Wenn Mutterschaft plötzlich finanzielle Abhängigkeit bedeutet

In erster Linie möchte man natürlich nur das Beste für sein Kind. Was viele Frauen allerdings erst später merken: Man lernt den Partner in der Elternschaft noch einmal ganz neu kennen. Gerade wenn es um Verantwortung, Organisation und Geld geht, reichen Liebe und gute Absichten manchmal nicht aus.

Oft sind es die kleinen Eigenheiten, die früher kaum aufgefallen sind und später plötzlich zu echten Problemen werden.

Viele Frauen sagen nach einer Trennung rückblickend einen Satz, den man erstaunlich oft hört:
„Eigentlich hatte ich damals schon ein komisches Bauchgefühl.“

Doch in diesem Moment ist Gehen oft besonders schwer. Hoffnung ist ein starkes Gefühl. Man glaubt, dass sich Dinge noch einspielen werden, dass sich der Partner verändert oder dass man die Situation gemeinsam lösen kann.

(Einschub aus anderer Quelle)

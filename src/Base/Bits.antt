-- ===== src/Base/Bits.antt =====
-- The source's `|` and `&` at variables: a disjoint `|` is a sum, and `&` with a mask is arithmetic.
use Prim.Native.Nat.{
  ℕ, zero, suc, ◌+◌, ◌-◌, ◌*◌, ◌/◌, ◌%◌, ◌^◌, ◌≤◌, ◌<◌, min, max, bit_and, bit_or, digits,
  bit_and-bitwise, bit_or-bitwise,
}
use mathlib.Core.Path.{◌≡◌, refl, ap, ap₂, ◌∙◌}
use native.Mathlib.Nat.{
  pow-suc, one-le-pow, div-div-eq-div-mul, mod-add-div', add-mul-mod_self_right, mod-eq_of_lt,
  mod-lt,
}
use native.Mathlib.Omega.{arith}

-- `digits` does not depend on its count of digits, once that is large enough.
module _ (z : ℕ → ℕ) (f : ℕ → ℕ → ℕ) where
  digits_count : (n m a b : ℕ) → a ≤ n → a ≤ m → digits z f n a b ≡ digits z f m a b
  digits_count zero zero a b p q = refl
  digits_count zero (suc m) zero b p q = refl
  digits_count zero (suc m) (suc a) b p q = absurd (omega arith)
  digits_count (suc n) zero zero b p q = refl
  digits_count (suc n) zero (suc a) b p q = absurd (omega arith)
  digits_count (suc n) (suc m) zero b p q = refl
  digits_count (suc n) (suc m) (suc a) b p q =
      ap (λ t. t * 2 + f (suc a % 2) (b % 2))
        (digits_count n m (suc a / 2) (b / 2) (omega arith) (omega arith))

or_first : (b : ℕ) → bit_or 0 b ≡ b
or_first b = bit_or-bitwise 0 b

and_first : (b : ℕ) → bit_and 0 b ≡ 0
and_first b = bit_and-bitwise 0 b

or_digit : (a b : ℕ) → bit_or a b ≡ bit_or (a / 2) (b / 2) * 2 + max (a % 2) (b % 2)
or_digit zero b = omega (arith, or_first b, or_first (b / 2))
or_digit (suc a) b = omega (
  arith,
  bit_or-bitwise (suc a) b,
  bit_or-bitwise (suc a / 2) (b / 2),
  digits_count (λ b. b) max a (suc a / 2) (suc a / 2) (b / 2) (omega arith) (omega arith),
)

and_digit : (a b : ℕ) → bit_and a b ≡ bit_and (a / 2) (b / 2) * 2 + min (a % 2) (b % 2)
and_digit zero b = omega (arith, and_first b, and_first (b / 2))
and_digit (suc a) b = omega (
  arith,
  bit_and-bitwise (suc a) b,
  bit_and-bitwise (suc a / 2) (b / 2),
  digits_count (λ b. 0) min a (suc a / 2) (suc a / 2) (b / 2) (omega arith) (omega arith),
)

or_second_count : (n a : ℕ) → a ≤ n → bit_or a 0 ≡ a
or_second_count n zero h = or_first 0
or_second_count zero (suc a) h = absurd (omega arith)
or_second_count (suc n) (suc a) h =
    omega (arith, or_digit (suc a) 0, or_second_count n (suc a / 2) (omega arith))

and_second_count : (n a : ℕ) → a ≤ n → bit_and a 0 ≡ 0
and_second_count n zero h = and_first 0
and_second_count zero (suc a) h = absurd (omega arith)
and_second_count (suc n) (suc a) h =
    omega (arith, and_digit (suc a) 0, and_second_count n (suc a / 2) (omega arith))

double : (q k : ℕ) → q * 2 ^ suc k ≡ q * 2 ^ k * 2
double q k = omega (arith, ap (λ (t : ℕ). q * t) (pow-suc 2 k))

-- `(q << k) | r` for an `r` of at most `k` bits.
pub or_shift : (k q r : ℕ) → r < 2 ^ k → bit_or (q * 2 ^ k) r ≡ q * 2 ^ k + r
or_shift zero q r h = omega (
  arith,
  ap (λ t. bit_or (q * 1) t) {x = r} {y = 0} (omega arith),
  or_second_count (q * 1) (q * 1) (omega arith),
)
or_shift (suc k) q r h = omega (
  arith,
  or_digit (q * 2 ^ suc k) r,
  double q k,
  ap (λ t. bit_or t (r / 2)) {x = q * 2 ^ suc k / 2} {y = q * 2 ^ k} (omega (arith, double q k)),
  or_shift k q (r / 2) (omega (arith, pow-suc 2 k)),
)

halve_first : (a k : ℕ) → a / 2 / 2 ^ k ≡ a / 2 ^ suc k
halve_first a k = div-div-eq-div-mul a 2 (2 ^ k) ∙ ap (λ t. a / t) (omega (arith, pow-suc 2 k))

-- A mask that is a shifted one reads the higher digits.
pub and_shift : (k a m : ℕ) → bit_and a (m * 2 ^ k) ≡ bit_and (a / 2 ^ k) m * 2 ^ k
and_shift zero a m =
    ap₂ bit_and {x = a} {y = a / 2 ^ 0} {u = m * 2 ^ 0} {v = m} (omega arith) (omega arith)
    ∙ omega arith
and_shift (suc k) a m = omega (
  arith,
  and_digit a (m * 2 ^ suc k),
  double m k,
  double (bit_and (a / 2 ^ suc k) m) k,
  ap (bit_and (a / 2)) {x = m * 2 ^ suc k / 2} {y = m * 2 ^ k} (omega (arith, double m k)),
  and_shift k (a / 2) m,
  ap (λ t. bit_and t m * 2 ^ k) (halve_first a k),
)

-- The lowest `k + 1` digits: the lowest one and the `k` above it.
mod_double : (a k : ℕ) → a % 2 ^ suc k ≡ a / 2 % 2 ^ k * 2 + a % 2
mod_double a k =
    ap (λ t. t % 2 ^ suc k) {x = a} {y = a / 2 % 2 ^ k * 2 + a % 2 + a / 2 / 2 ^ k * 2 ^ suc k}
      (omega (arith, double (a / 2 / 2 ^ k) k, mod-add-div' (a / 2) (2 ^ k)))
    ∙ add-mul-mod_self_right _ (a / 2 / 2 ^ k) (2 ^ suc k)
    ∙ mod-eq_of_lt (
        omega (
          arith,
          pow-suc 2 k,
          one-le-pow k 2,
          mod-lt (a / 2) {m = 2 ^ k} (omega (arith, one-le-pow k 2)),
        ))

-- A mask of `k` ones is the remainder by `2 ^ k`.
pub and_low : (k a : ℕ) → bit_and a (2 ^ k - 1) ≡ a % 2 ^ k
and_low zero a = omega (arith, and_second_count a a (omega arith))
and_low (suc k) a = omega (
  arith,
  and_digit a (2 ^ suc k - 1),
  pow-suc 2 k,
  one-le-pow k 2,
  ap (bit_and (a / 2)) {x = (2 ^ suc k - 1) / 2} {y = 2 ^ k - 1}
      (omega (arith, pow-suc 2 k, one-le-pow k 2)),
  and_low k (a / 2),
  mod_double a k,
)

or_comm_count : (n a b : ℕ) → a ≤ n → bit_or a b ≡ bit_or b a
or_comm_count n zero b h = or_first b ∙ omega (arith, or_second_count b b (omega arith))
or_comm_count zero (suc a) b h = absurd (omega arith)
or_comm_count (suc n) (suc a) b h = omega (
  arith,
  or_digit (suc a) b,
  or_digit b (suc a),
  or_comm_count n (suc a / 2) (b / 2) (omega arith),
)

pub or_comm : (a b : ℕ) → bit_or a b ≡ bit_or b a
or_comm a b = or_comm_count a a b (omega arith)

half_parts : (k q r : ℕ) → (q * 2 ^ suc k + r) / 2 ≡ q * 2 ^ k + r / 2
half_parts k q r = omega (arith, double q k)

digit_parts : (k q r : ℕ) → (q * 2 ^ suc k + r) % 2 ≡ r % 2
digit_parts k q r = omega (arith, double q k)

-- `&` acts on the digits above and below the `k`-th one each by themselves.
pub and_parts :
    (k q r c d : ℕ)
    → r < 2 ^ k
    → d < 2 ^ k
    → bit_and (q * 2 ^ k + r) (c * 2 ^ k + d) ≡ bit_and q c * 2 ^ k + bit_and r d
and_parts zero q r c d h h' =
    ap₂ bit_and {x = q * 2 ^ 0 + r} {y = q} {u = c * 2 ^ 0 + d} {v = c} (omega arith) (omega arith)
    ∙ omega (
      arith,
      ap₂ bit_and {x = r} {y = 0} {u = d} {v = 0} (omega arith) (omega arith),
      and_first 0,
    )
and_parts (suc k) q r c d h h' = omega (
  arith,
  and_digit (q * 2 ^ suc k + r) (c * 2 ^ suc k + d),
  ap₂ bit_and (half_parts k q r) (half_parts k c d),
  digit_parts k q r,
  digit_parts k c d,
  and_parts k q (r / 2) c (d / 2) (omega (arith, pow-suc 2 k)) (omega (arith, pow-suc 2 k)),
  double (bit_and q c) k,
  and_digit r d,
)

-- So does `|`.
pub or_parts :
    (k q r c d : ℕ)
    → r < 2 ^ k
    → d < 2 ^ k
    → bit_or (q * 2 ^ k + r) (c * 2 ^ k + d) ≡ bit_or q c * 2 ^ k + bit_or r d
or_parts zero q r c d h h' =
    ap₂ bit_or {x = q * 2 ^ 0 + r} {y = q} {u = c * 2 ^ 0 + d} {v = c} (omega arith) (omega arith)
    ∙ omega
        (arith, ap₂ bit_or {x = r} {y = 0} {u = d} {v = 0} (omega arith) (omega arith), or_first 0)
or_parts (suc k) q r c d h h' = omega (
  arith,
  or_digit (q * 2 ^ suc k + r) (c * 2 ^ suc k + d),
  ap₂ bit_or (half_parts k q r) (half_parts k c d),
  digit_parts k q r,
  digit_parts k c d,
  or_parts k q (r / 2) c (d / 2) (omega (arith, pow-suc 2 k)) (omega (arith, pow-suc 2 k)),
  double (bit_or q c) k,
  or_digit r d,
)
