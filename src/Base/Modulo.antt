-- ===== src/Base/Modulo.antt =====
-- A remainder of a number that passes the divisor at most once.
use Prim.Native.Nat.{ℕ, ◌+◌, ◌-◌, ◌*◌, ◌/◌, ◌%◌, ◌≤◌, ◌<◌}
use mathlib.Core.Path.{◌≡◌, ap, ◌∙◌}
use mathlib.Core.Logic.{◌⊎◌, ◌≢◌, inl, inr}
use native.Mathlib.Nat.{
  mod-eq_of_lt, mod-eq-sub-mod, mod-add-div', div-eq_of_lt-le, add-mul-mod_self_right, mod-lt,
}
use native.Mathlib.Decide.{dec_lt}
use native.Mathlib.Omega.{arith}

pub mod_once : (x n : ℕ) → x < n + n → ((x < n) × (x % n ≡ x)) ⊎ ((n ≤ x) × (x % n ≡ x - n))
mod_once x n h = elim (dec_lt x n) [
  | yes p ↦ inl (p, mod-eq_of_lt p)
  | no p ↦
      inr (omega arith, mod-eq-sub-mod {n = x} {m = n} (omega arith) ∙ mod-eq_of_lt (omega arith))
]

pub divmod_unique : (x q r len : ℕ) → x ≡ r + q * len → r < len → (x / len ≡ q) × (x % len ≡ r)
divmod_unique x q r len e h = (
  div-eq_of_lt-le {k = q} len {m = x} (omega arith) (omega arith),
  ap (λ t. t % len) e ∙ add-mul-mod_self_right r q len ∙ mod-eq_of_lt h,
)

-- A carry into the quotient.
pub div_carry :
    (n d len : ℕ)
    → 0 < len
    → d ≤ len
    → ((n % len + d < len) × ((n + d) / len ≡ n / len) × ((n + d) % len ≡ n % len + d))
      ⊎ ((len ≤ n % len + d) × ((n + d) / len ≡ n / len + 1) × ((n + d) % len ≡ n % len + d - len))
div_carry n d len pos h = elim (dec_lt (n % len + d) len) [
  | yes p ↦
      let u =
        divmod_unique (n + d) (n / len) (n % len + d) len (omega (arith, mod-add-div' n len)) p in
      inl (p, u.0, u.1)
  | no p ↦
      let u =
        divmod_unique (n + d) (n / len + 1) (n % len + d - len) len
          (omega (arith, mod-add-div' n len)) (omega (arith, mod-lt n {m = len} pos)) in
      inr (omega arith, u.0, u.1)
]

-- Two numbers less than `len` apart have different remainders.
pub mod_apart : (k p len : ℕ) → k < p → p < k + len → k % len ≢ p % len
mod_apart k p len h g e = omega (
  arith,
  div_carry k (p - k) len (omega arith) (omega arith),
  ap (λ t. t % len) {x = k + (p - k)} {y = p} (omega arith),
  e,
)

Manchmal bedeutet das allerdings auch, lange auszuhalten.

Die ersten kleinen Anzeichen

Ihr entscheidet euch für ein Kind und du wirst schwanger. Plötzlich verändert sich vieles. Vielleicht brauchst du Medikamente, Nahrungsergänzungsmittel oder bestimmte Pflegeprodukte, die deinem Körper guttun.

Früher hast du solche Dinge selbstverständlich aus deinem eigenen Geld bezahlt.

Doch wie läuft das jetzt?

Habt ihr darüber gesprochen, wer diese Kosten übernimmt? Oder fühlt es sich plötzlich unangenehm an, solche Themen anzusprechen?

Spätestens wenn der Nestbautrieb einsetzt, wird Geld ohnehin ein Thema. Babybett, Kleidung, Kinderwagen, Ausstattung – all das kostet Geld.

Doch wichtiger als die Frage, wer was bezahlt, ist eigentlich etwas anderes:
Wie reagiert dein Partner, wenn du über Geld sprichst?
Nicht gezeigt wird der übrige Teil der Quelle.